There are only two kinds of mentality that often occur in position management: if only I had been full when I made money, and if I had had a try when I lost money. Of course, there will also be, such as whether or not to increase the position? Let's take a bet on increasing the position. Or do you want to reduce your position? Forget it, or hurry up to reduce your positions and run away, and so on, but the latter is a derivative of the former.

When carrying on the position management, the best state is to carry out completely in accordance with the management mode that has been designed, without any subjective factors.It's easy to say, but it's not that easy to do, so what should we do?

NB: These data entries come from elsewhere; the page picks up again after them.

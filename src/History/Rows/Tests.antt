-- ===== src/History/Rows/Tests.antt =====
-- The theorems on rows and on the frames of a transfer at concrete inputs: keys of zeros, and a helper
-- that signs with zeros.
use construct_protos.Prelude.{
  ℕ, zero, suc, ◌≡◌, ◌↔◌, true, refl, List, [], ◌∷◌, ◌++◌, Bool, false, some, inl, All, arith, map,
  length, replicate, length-replicate, drop, All-append,
}
use construct_protos.Prelude.Result.{ok}
use construct_protos.Bytes.{Bytes, IsByte, pack_le, bytes_of, codes}
use construct_protos.History.Sealed.{cthf_header_len, chunk_frames}
use construct_protos.History.Sealed.Framed.{Framed, chunk_frames_iff}
use construct_protos.History.Stream.{Record, stream}
use construct_protos.History.Records.Vectors.{Vector, stream_vectors}
use construct_protos.History.Hello.{opening_len, reply_len, build_opening}
use construct_protos.History.Hello.Sizes.{KeyBytes, AreSized, texts}
use construct_protos.History.Keys.{Hmac}
use construct_protos.History.Rows.Made.{bare}
use construct_protos.History.Rows.Whole.{Constants, errors, rows_from}
use construct_protos.History.Rows.Consistent.{IsConsistent, errors-nil_iff_IsConsistent}
use construct_protos.History.Rows.{cthf_file, chunk_open_failed, Row, malformed}
use construct_protos.History.Rows.Kinds.{check_opening}
use construct_protos.History.Rows.Accepted.{row_of, verdict, vectors_accepted, openings_accepted}

pub zeros : ℕ → Bytes
zeros n = replicate n 0

pub zeros-IsByte : (n : ℕ) → All IsByte (zeros n)
unfolding zeros
zeros-IsByte zero = tt
zeros-IsByte (suc n) = (omega arith, zeros-IsByte n)

pub length-zeros : (n : ℕ) → length (zeros n) ≡ n
unfolding zeros
length-zeros n = length-replicate {A = ℕ} n 0

abbrev pub zero_keys : KeyBytes
zero_keys = record {
  sender_eph = zeros 32;
  receiver_eph = zeros 32;
  offering_identity = zeros 32;
  receiver_identity = zeros 32;
  hybrid = zeros 1984;
  offering_device_id = zeros 16;
  receiver_device_id = zeros 16;
  kyber_key_id = 7;
  kem_ct = zeros 1568;
}

sized : (n : ℕ) → All IsByte (zeros n) × (length (zeros n) ≡ n)
sized n = (zeros-IsByte n, length-zeros n)

pub zero_keys-AreSized : AreSized zero_keys
zero_keys-AreSized = (
  sized 32,
  sized 32,
  sized 32,
  sized 32,
  sized 1984,
  sized 16,
  sized 16,
  omega arith,
  sized 1568,
)

abbrev pub sign_zeros : Bool → Bytes → Bytes
sign_zeros ed m = zeros 3373

pub length-sign_zeros : (ed : Bool) (m : Bytes) → length (sign_zeros ed m) ≡ 3373
length-sign_zeros ed m = length-zeros 3373

abbrev no_records : Vector
no_records = record { vid = 22; expect = malformed; records = []; phase = 1; written = [] }

-- A Manifest and a MediaBlob with no field in it.
abbrev two_records : List Record
two_records = (1, 7 ∷ 9 ∷ []) ∷ (8, []) ∷ []

abbrev two_bytes : Bytes
two_bytes =
    codes "CTH1"
    ++ (1 ∷ 1 ∷ 2 ∷ 0 ∷ 0 ∷ 0 ∷ 0 ∷ 0 ∷ 0 ∷ 0 ∷ 7 ∷ 9 ∷ 8 ∷ 0 ∷ 0 ∷ 0 ∷ 0 ∷ 0 ∷ 0 ∷ 0 ∷ 0 ∷ 0 ∷ [])

stream_two : stream two_records ≡ ok two_bytes
unfolding stream bytes_of pack_le
stream_two = refl

vectors_accepted_example :
    (vs : List Vector) × (stream_vectors (replicate 32 97) (zeros 32) ≡ ok vs)
    × (map verdict vs ≡ replicate 16 (some (ok [])))
vectors_accepted_example = vectors_accepted (replicate 32 97) (zeros 32)

openings_accepted_example :
    (frame : Bytes) × (build_opening sign_zeros (texts zero_keys) 2 (some (replicate 1568 0)) false
      ≡ ok frame)
    × (check_opening (row_of no_records) frame ≡ [])
openings_accepted_example =
    openings_accepted sign_zeros zero_keys (row_of no_records) (some (replicate 1568 0)) false
      length-sign_zeros zero_keys-AreSized (inl (refl, refl, refl))

abbrev pub zero_hmac : Hmac
zero_hmac = record {
  digest = λ key message. zeros 32;
  length-digest = λ key message. length-zeros 32;
}

abbrev stated : Constants
stated = record {
  ctt1_v2_opening_len = some opening_len;
  ctt1_v2_reply_len = some reply_len;
  cthf_header_len = some cthf_header_len;
}

abbrev swapped : Row
swapped = record (bare 28 cthf_file chunk_open_failed) { derived = some (28, true) }

errors-nil_iff_IsConsistent_example :
    (errors zero_hmac (codes "oneof body") false stated (swapped ∷ []) ≡ some (ok []))
    ↔ IsConsistent zero_hmac (codes "oneof body") false stated (rows_from [] (swapped ∷ []))
errors-nil_iff_IsConsistent_example =
    errors-nil_iff_IsConsistent zero_hmac (codes "oneof body") false stated (swapped ∷ [])

-- A file of one chunk of 29 zeros behind a header of zeros.
abbrev one_chunk : Bytes
one_chunk = zeros cthf_header_len ++ (29 ∷ 0 ∷ 0 ∷ 0 ∷ zeros 33)

one_chunk-IsByte : All IsByte one_chunk
one_chunk-IsByte =
    All-append IsByte (zeros cthf_header_len) (29 ∷ 0 ∷ 0 ∷ 0 ∷ zeros 33)
      (zeros-IsByte cthf_header_len)
      (omega arith, (omega arith, (omega arith, (omega arith, zeros-IsByte 33))))

chunk_frames_iff_example :
    (chunk_frames one_chunk ≡ ok ((cthf_header_len, 29) ∷ []))
    ↔ Framed cthf_header_len (drop cthf_header_len one_chunk) ((cthf_header_len, 29) ∷ [])
chunk_frames_iff_example = chunk_frames_iff one_chunk ((cthf_header_len, 29) ∷ []) one_chunk-IsByte
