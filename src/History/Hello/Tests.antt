-- ===== src/History/Hello/Tests.antt =====
-- The theorems on what is signed in front of a transfer, at keys of zeros.
use construct_protos.Prelude.{◌≡◌, ◌≢◌, false, none, arith, drop}
use construct_protos.Prelude.Result.{ok}
use construct_protos.Bytes.{Bytes}
use construct_protos.History.Hello.{Transcript, build_opening, build_reply, build_cthf}
use construct_protos.History.Hello.Sizes.{texts}
use construct_protos.History.Hello.Layout.{opening_message}
use construct_protos.History.Hello.Framing.{reply_message, header_message}
use construct_protos.History.Hello.Labels.{frames_signed_apart}
use construct_protos.History.Hello.Signed.{
  IsSized, written, opening_transcript-written, opening_transcript_injective,
}
use construct_protos.History.Rows.Tests.{
  zeros, length-zeros, zero_keys, zero_keys-AreSized, sign_zeros, length-sign_zeros,
}

abbrev of_zeros : Transcript
of_zeros = record {
  sender_eph = zeros 32;
  sender_identity = zeros 32;
  sender_hybrid = zeros 1984;
  snapshot = zeros 16;
  sender_id = zeros 16;
  receiver_id = zeros 16;
  kyber_key_id = 7;
  kem_ct = zeros 1568;
  typ = 2;
  payload_len = 0;
}

of_zeros-IsSized : IsSized of_zeros
of_zeros-IsSized = record {
  sender_eph = length-zeros 32;
  sender_identity = length-zeros 32;
  sender_hybrid = length-zeros 1984;
  snapshot = length-zeros 16;
  sender_id = length-zeros 16;
  receiver_id = length-zeros 16;
  kyber_key_id = omega arith;
  kem_ct = length-zeros 1568;
  typ = omega arith;
  payload_len = omega arith;
}

opening_transcript_injective_example : of_zeros ≡ of_zeros
opening_transcript_injective_example =
    opening_transcript_injective of_zeros of_zeros {d = written of_zeros} of_zeros-IsSized
      of_zeros-IsSized (opening_transcript-written of_zeros of_zeros-IsSized)
      (opening_transcript-written of_zeros of_zeros-IsSized)

frames_signed_apart_example :
    (opening : Bytes) × (reply : Bytes) × (header : Bytes) × (build_opening sign_zeros
        (texts zero_keys)
        2
        none
        false
      ≡ ok opening)
    × (build_reply sign_zeros (texts zero_keys) ≡ ok reply)
    × (build_cthf sign_zeros (texts zero_keys) none ≡ ok header)
    × (drop 3682 opening ≡ sign_zeros false (opening_message zero_keys 2 none))
    × (drop 2048 reply ≡ sign_zeros false (reply_message zero_keys))
    × (drop 3689 header ≡ sign_zeros false (header_message zero_keys none))
    × (opening_message zero_keys 2 none ≢ reply_message zero_keys)
    × (opening_message zero_keys 2 none ≢ header_message zero_keys none)
    × (reply_message zero_keys ≢ header_message zero_keys none)
frames_signed_apart_example =
    frames_signed_apart sign_zeros length-sign_zeros zero_keys zero_keys zero_keys 2 none false none
      zero_keys-AreSized zero_keys-AreSized zero_keys-AreSized (omega arith) (length-zeros 1568)
      (omega arith)
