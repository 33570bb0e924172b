-- ===== src/History/Keys/Expand.antt =====
-- The generator's `hkdf_sha256` against the definition of RFC 5869: the blocks T(1), T(2), ... joined
-- and cut to the length asked for.
use construct_protos.Prelude.{
  ℕ, zero, suc, ◌+◌, ◌*◌, ◌/◌, ◌≤◌, ◌<◌, ◌≡◌, ◌∙◌, refl, ap, [], ◌∷◌, ◌++◌, Option, some, take,
  length, arith, length-take, length-append, lt→ltb, le→ltb_false, if◌then◌else◌, leb, leb→le,
  leb_false→lt, Bool-cases, inl, inr,
}
use construct_protos.Prelude.Result.{ok, err, Raises, value_error}
use construct_protos.Bytes.{Bytes}
use construct_protos.History.Keys.{Hmac, hkdf_loop, hkdf, hkdf_round, hkdf_end}

module _ (hmac : Hmac) where
  -- T(i) of RFC 5869, T(0) being empty.
  abbrev pub block : Bytes → Bytes → ℕ → Bytes
  block prk info zero = []
  block prk info (suc i) = hmac.digest prk (block prk info i ++ (info ++ (suc i ∷ [])))

  -- T(1), ..., T(n), joined.
  abbrev pub blocks : Bytes → Bytes → ℕ → Bytes
  blocks prk info zero = []
  blocks prk info (suc i) = blocks prk info i ++ block prk info (suc i)

  length-blocks : (prk info : Bytes) (n : ℕ) → length (blocks prk info n) ≡ 32 * n
  length-blocks prk info zero = refl
  length-blocks prk info (suc i) = omega (
    arith,
    length-append {0} (blocks prk info i) (block prk info (suc i)),
    length-blocks prk info i,
    hmac.length-digest prk (block prk info i ++ (info ++ (suc i ∷ []))),
  )

  -- The loop behind `i` rounds.
  abbrev loop_at : ℕ → Bytes → Bytes → ℕ → ℕ → Option (Raises Bytes)
  loop_at fuel prk info size i =
      hkdf_loop hmac fuel prk info size (blocks prk info i) (block prk info i) (suc i)

  loop_round :
      (fuel : ℕ) (prk info : Bytes) (size i : ℕ)
      → 32 * i < size
      → suc i < 256
      → loop_at (suc fuel) prk info size i ≡ loop_at fuel prk info size (suc i)
  loop_round fuel prk info size i h k =
      let next : suc i + 1 ≡ suc (suc i) = omega arith in
      hkdf_round hmac fuel prk info size (blocks prk info i) (block prk info i) (suc i)
        (omega (arith, length-blocks prk info i)) k
      ∙ ap (hkdf_loop hmac fuel prk info size (blocks prk info (suc i)) (block prk info (suc i)))
          next

  -- With `left` rounds to go.
  loop_returns :
      (left fuel : ℕ) (prk info : Bytes) (size i : ℕ)
      → left ≤ fuel
      → i + left ≤ 255
      → size ≤ 32 * (i + left)
      → 32 * (i + left) < size + 32
      → loop_at fuel prk info size i ≡ some (ok (blocks prk info (i + left)))
  loop_returns zero fuel prk info size i f few enough least =
      let same : i ≡ i + 0 = omega arith in
      hkdf_end hmac fuel prk info size (blocks prk info i) (block prk info i) (suc i)
        (omega (arith, length-blocks prk info i))
      ∙ ap (λ n. some (ok (blocks prk info n))) same
  loop_returns (suc left) zero prk info size i f few enough least = absurd (omega arith)
  loop_returns (suc left) (suc fuel) prk info size i f few enough least =
      let shift : suc i + left ≡ i + suc left = omega arith in
      loop_round fuel prk info size i (omega arith) (omega arith)
      ∙ loop_returns left fuel prk info size (suc i) (omega arith) (omega arith) (omega arith)
          (omega arith)
      ∙ ap (λ n. some (ok (blocks prk info n))) shift

  loop_raises :
      (left fuel : ℕ) (prk info : Bytes) (size i : ℕ)
      → left < fuel
      → i + left ≡ 255
      → 255 * 32 < size
      → loop_at fuel prk info size i ≡ some (err value_error)
  unfolding hkdf_loop
  loop_raises left zero prk info size i f h long = absurd (omega arith)
  loop_raises zero (suc fuel) prk info size i f h long =
      rw
        (
          lt→ltb (length (blocks prk info i)) size (omega (arith, length-blocks prk info i)),
          le→ltb_false (suc i) 256 (omega arith),
        )
        refl
  loop_raises (suc left) (suc fuel) prk info size i f h long =
      loop_round fuel prk info size i (omega arith) (omega arith)
      ∙ loop_raises left fuel prk info size (suc i) (omega arith) (omega arith) long

  -- HKDF-Expand of RFC 5869: as many blocks as the length takes, cut.
  abbrev pub expand : Bytes → Bytes → ℕ → Bytes
  expand prk info size = take size (blocks prk info ((size + 31) / 32))

  loop_expands :
      (ikm salt info : Bytes) (size : ℕ)
      → size ≤ 255 * 32
      → hkdf hmac ikm salt info size ≡ some (ok (expand (hmac.digest salt ikm) info size))
  unfolding hkdf
  loop_expands ikm salt info size h =
      let prk = hmac.digest salt ikm in
      let n = (size + 31) / 32 in
      let all : 0 + n ≡ n = omega arith in
      rw
        (loop_returns n size prk info size 0 (omega arith) (omega arith) (omega arith) (omega arith)
          ∙ ap (λ k. some (ok (blocks prk info k))) all)
        refl

  loop_refuses :
      (ikm salt info : Bytes) (size : ℕ)
      → 255 * 32 < size
      → hkdf hmac ikm salt info size ≡ some (err value_error)
  unfolding hkdf
  loop_refuses ikm salt info size h =
      rw (loop_raises 255 size (hmac.digest salt ikm) info size 0 (omega arith) refl h) refl

  -- For every length asked for, the generator's loop ends: with HKDF-Expand of RFC 5869, of the key that
  -- is extracted with the salt, if the length is at most 255 blocks, and else with a ValueError. What
  -- HKDF-Expand gives has the length asked for.
  pub hkdf-expand :
      (ikm salt info : Bytes) (size : ℕ)
      → (hkdf hmac ikm salt info size
          ≡ some (
              if leb size (255 * 32)
              then ok (expand (hmac.digest salt ikm) info size)
              else err value_error))
        × (length (expand (hmac.digest salt ikm) info size) ≡ size)
  hkdf-expand ikm salt info size =
      let prk = hmac.digest salt ikm in
      (
        elim (Bool-cases (leb size (255 * 32))) [
          | inl h ↦ rw h (loop_expands ikm salt info size (leb→le size (255 * 32) h))
          | inr h ↦ rw h (loop_refuses ikm salt info size (leb_false→lt size (255 * 32) h))
        ],
        omega (
          arith,
          length-take size (blocks prk info ((size + 31) / 32)),
          length-blocks prk info ((size + 31) / 32),
        ),
      )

There are no shortcuts, justMake the position management strategy and other parts of the matching trading system as detailed as possible so as not to give yourself any room for subjective reverie.

Note that this is not for you to make the trading system complex, but to tell everyone to make the trading system as simple as possible as fixed and careful as possible. For example, if an operation is based on an interval, then change the interval into a definite value, or try to compress the range of the interval to find certainty in the system. Only in this way can you lock your heart firmly with rules.

However, the rules still have to be implemented by discipline, so we must abide by the discipline that has been established, even if we use our own reward and punishment mechanism.

With regard to position management, it is almost over. I hope you can get some ideas about position management, which will be beneficial to your trading road. Finally, I hope everyone can trade smoothly and eat both ups and downs.

Edit / Charlotte

The translation is provided by third-party software.